One case where transfer learning would not make sense, is if the opposite was true. So, if you had a hundred images for image recognition and you had 100 images for radiology diagnosis or even a thousand images for radiology diagnosis, one would think about it is that to do well on radiology diagnosis, assuming what you really want to do well on this radiology diagnosis, having radiology images is much more valuable than having cat and dog and so on images. So each example here is much more valuable than each example there, at least for the purpose of building a good radiology system.

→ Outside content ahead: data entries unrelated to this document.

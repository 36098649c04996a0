-- ===== src/Release/Prepared.antt =====
-- What goes before the last call of `run`: it publishes nothing, and what it leaves is ready.
use onesti_lock.Base.{ℕ, false, Result, ok, List, Option, none, some, ◌≡◌, refl}
use onesti_lock.Release.{Halt, Candidate, Release, World}
use onesti_lock.Release.Zip.{Import, Packed}
use onesti_lock.Release.Guards.{zip_assets}
use onesti_lock.Release.Published.{Info}
use onesti_lock.Release.Publish.{
  Options, ensure_tag, ensure_draft, asset_ensured, ensure_asset, draft_made, prepared,
}
use onesti_lock.Release.Steps.{
  continued_ok, Unpublished, continued-Unpublished, ensure_tag-Unpublished,
  ensure_draft-Unpublished, asset_ensured-Unpublished, Tagged, IsDraft, CarriesZip,
  ensure_tag-Tagged, ensure_draft-IsDraft, asset_ensured-CarriesZip,
}

module _ (parse : List ℕ → Option (List Import)) (zip : List Packed → List ℕ)
    (sha256 : List ℕ → List ℕ) (infolist : List ℕ → Result Halt (List Info)) (w : World)
    (o : Options) (c : Candidate) where
  pub prepared-Unpublished :
      (r : Option Release) (file body : List ℕ)
      → Unpublished (prepared parse zip sha256 infolist w o c r file body).writes
  unfolding prepared ensure_asset
  prepared-Unpublished r file body =
      continued-Unpublished (ensure_tag w c o.plan_only).writes (ensure_tag w c o.plan_only).outcome
        _ (ensure_tag-Unpublished w c o.plan_only)
        (λ _.
          continued-Unpublished (ensure_draft w c o.plan_only r body).writes
            (ensure_draft w c o.plan_only r body).outcome _
            (ensure_draft-Unpublished w c o.plan_only r body) uploads)
    where
      uploads :
          (made : Option Release)
          → Unpublished (draft_made parse zip sha256 infolist w o c file made).writes
      uploads none = tt
      uploads (some d) =
          continued-Unpublished
            (asset_ensured w c o.plan_only sha256 (sha256 file) d.id file
              (zip_assets d.assets)).writes
            (asset_ensured w c o.plan_only sha256 (sha256 file) d.id file
              (zip_assets d.assets)).outcome
            _ (asset_ensured-Unpublished w c o.plan_only sha256 file d.id (zip_assets d.assets))
            (λ _. tt)

  -- The release with this id is a draft of the candidate, its tag points there, and it carries the ZIP.
  abbrev pub IsReady : Option Release → List ℕ → ℕ → Type 0
  IsReady drafted file id =
      Tagged w c × (r : Release) × IsDraft w c drafted r × CarriesZip w sha256 file r × (r.id ≡ id)

  pub prepared-IsReady :
      (r : Option Release) (file body : List ℕ) (id : ℕ)
      → o.plan_only ≡ false
      → (prepared parse zip sha256 infolist w o c r file body).outcome ≡ ok id
      → IsReady r file id
  unfolding prepared ensure_asset
  prepared-IsReady r file body id wet h =
      let (u, tagged, rest) =
        continued_ok (ensure_tag w c o.plan_only).writes (ensure_tag w c o.plan_only).outcome _ h in
      let (made, drafted, rest') =
        continued_ok (ensure_draft w c o.plan_only r body).writes
          (ensure_draft w c o.plan_only r body).outcome _ rest in
      let (d, is_made, is_draft) = ensure_draft-IsDraft w c o.plan_only wet r body made drafted in
      let upload = rw is_made at rest' in
      let (v, carried, last) =
        continued_ok
          (asset_ensured w c o.plan_only sha256 (sha256 file) d.id file
            (zip_assets d.assets)).writes
          (asset_ensured w c o.plan_only sha256 (sha256 file) d.id file
            (zip_assets d.assets)).outcome
          _ upload in
      (
        ensure_tag-Tagged w c o.plan_only wet tagged,
        d,
        is_draft,
        asset_ensured-CarriesZip w c o.plan_only sha256 file d (zip_assets d.assets) wet refl
            carried,
        cc last,
      )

So, if you already have more data for radiology, it's not that likely that having 100 images of your random objects of cats and dogs and cars and so on will be that helpful

Because the value of one example of image from your image recognition task of cats and dogs is just less valuable than one example of an x-ray image for the task of building a good radiology system. So, this would be one example where transfer learning, well, it might not hurt but I wouldn't expect it to give you any meaningful gain either.

So to summarize, when does transfer learning make sense? If you're trying to learn from some Task A and transfer some of the knowledge to some Task B, then transfer learning makes sense when Task A and B have the same input X. In the first example, A and B both have images as input. In the second example, both have audio clips as input.

It has to make sense when you have a lot more data for Task A than for Task B. All this is under the assumption that what you really want to do well on is Task B. And because data for Task B is more valuable for Task B, usually you just need a lot more data for Task A because you know, each example from Task A is just less valuable for Task B than each example for Task B.

And then finally, transfer learning will tend to make more sense if you suspect that low level features from Task A could be helpful for learning Task B.

Transfer learning refers to using the neural network knowledge for another application.

The following neural network is trained for cat recognition, but we want to adapt it for radiology diagnosis.

The neural network will learn about the structure and the nature of images. This initial phase of training on image recognition is called pre-training, since it will pre-initialize the weights of the neural network.